Arthur Hailey’s Bengali predecessor
Reviewed by Harbans Singh

The Great Unknown
by Sankar. Tr Soma Das.
Penguin Viking. Rs. 350. Pages 267.

Ever since Mani Sankar Mukherji, better known as Sankar, captured the imagination of his Bengali readers with his serialised first novel Kato Anjanye in a magazine in 1955, he has remained one of the most widely-read authors of modern fiction. His characters and the subject they deal with too have been modern and that is why it was not surprising that his Chowringhee, published as a novel in 1962 had predated the much celebrated Hotel of Arthur Hailey by about three years!

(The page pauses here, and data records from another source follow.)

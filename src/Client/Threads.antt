-- ===== src/Client/Threads.antt =====
-- internal/clients/strapi/strapi.go used by several goroutines at once: `Do` cut at the places where it
-- takes or gives back the mutex and at the call of the network, each piece one step.
pub mod Alone
pub mod Progress
pub mod Account
pub mod Moves
pub mod Logins
use provider_strapi.Prelude.{
  ℕ, suc, List, [], ◌∷◌, Option, none, some, Bool, true, false, ◌≡◌, ◌==◌, ◌&&◌, get_elem?, set,
  if◌then◌else◌,
}
use provider_strapi.Text.{Text}
use provider_strapi.Exec.{Error, Result, ok, err}
use provider_strapi.Client.{
  Client, Request, Response, Http, Json, Session, token_locked, call_with, invalidate,
}
use provider_strapi.Client.Steady.{Call}

-- where a goroutine stands in `Do`; the flag says whether this is the first attempt
pub data Phase : Type 0 where
  -- before `tokenLocked`
  asking : Bool → Phase
  -- with a token, before the call
  calling : Bool → Text → Phase
  -- after a first response of 401, before `invalidate`
  dropping : Phase
  done : Result Response → Phase

-- what a step did
pub data Event : Type 0 where
  -- got a token, or no token
  asked refused : Event
  -- the call was answered, but not by a 401 to a first attempt; or it failed
  answered unauthorized failed : Event
  invalidated : Event
  idle : Event

pub record Thread : Type 0 where
  pub call : Call
  pub phase : Phase

-- the client and the network that the goroutines share, and the goroutines
pub record System (N : Type 0) : Type 0 where
  pub session : Session N
  pub threads : List Thread

-- `Do` has not returned
abbrev pub IsRunning : Phase → Type 0
IsRunning (done r) = ⊥
IsRunning _ = Unit {0}

abbrev pub moved : {N : Type 0} → System N → ℕ → Thread → Phase × Event × Session N → System N
moved s i th x = record { session = x.2; threads = set s.threads i (record th { phase = x.0 }) }

module _ (json : Json) {N : Type 0} (http : Http N) where
  after_asking : Bool → Result Text × Session N → Phase × Event × Session N
  after_asking first (ok token, s) = (calling first token, asked, s)
  after_asking first (err e, s) = (done (err e), refused, s)

  after_calling : Bool → Result Response × Session N → Phase × Event × Session N
  after_calling first (ok resp, s) =
      if first && (resp.status_code == 401)
      then (dropping, unauthorized, s)
      else (done (ok resp), answered, s)
  after_calling first (err e, s) = (done (err e), failed, s)

  -- the next piece of `Do`
  unfoldable pub advance : Call → Phase → Session N → Phase × Event × Session N
  unfolding after_asking after_calling
  advance c (asking first) s = after_asking first (token_locked json http s)
  advance c (calling first token) s =
      after_calling first (call_with json http token c.method c.path c.body s)
  advance c dropping s = (asking false, invalidated, (invalidate json http s).1)
  advance c (done r) s = (done r, idle, s)

  -- the scheduler lets any goroutine take its next step
  pub data Step (s : System N) : Event → System N → Type 0 where
    pick :
        (i : ℕ) (th : Thread)
        → get_elem? s.threads i ≡ some th
        → IsRunning th.phase
        → Step s
            (advance th.call th.phase s.session).1
            (moved s i th (advance th.call th.phase s.session))

  -- steps in turn, with what they did, the last step first
  pub data Run (s : System N) : List Event → System N → Type 0 where
    here : Run s [] s
    next :
        (events : List Event) (e : Event) (t u : System N)
        → Run s events t
        → Step t e u
        → Run s (e ∷ events) u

While Chowringhee, dealt with the intimate lives of managers, employees and guests of one of the largest hotels of Calcutta, Kato Anjanye translated as The Great Unknown creates a mosaic of the lives, not always very pleasing, of those who frequent the Calcutta High Court. The friendly style that was the hallmark of Sankar brings out not only the history and evolution of the High Court but also the layers that constitute the functioning of justice. Thus there are the barristers and the attorneys and their babus and the clerks. It is an institution where the seniority of a babu is determined not by his age or experience but that of his barrister. In fact, this profession is better understood through the eyes of these cogs in the wheel of justice whose status is completely dependent upon the fate of their masters. Thus the news of the demise of a successful barrister can be as catastrophic for his babu as the death of a Maharaja for his Maharani, and the elevation of a lawyer as a judge is considered to be akin to a person giving up football to become a referee!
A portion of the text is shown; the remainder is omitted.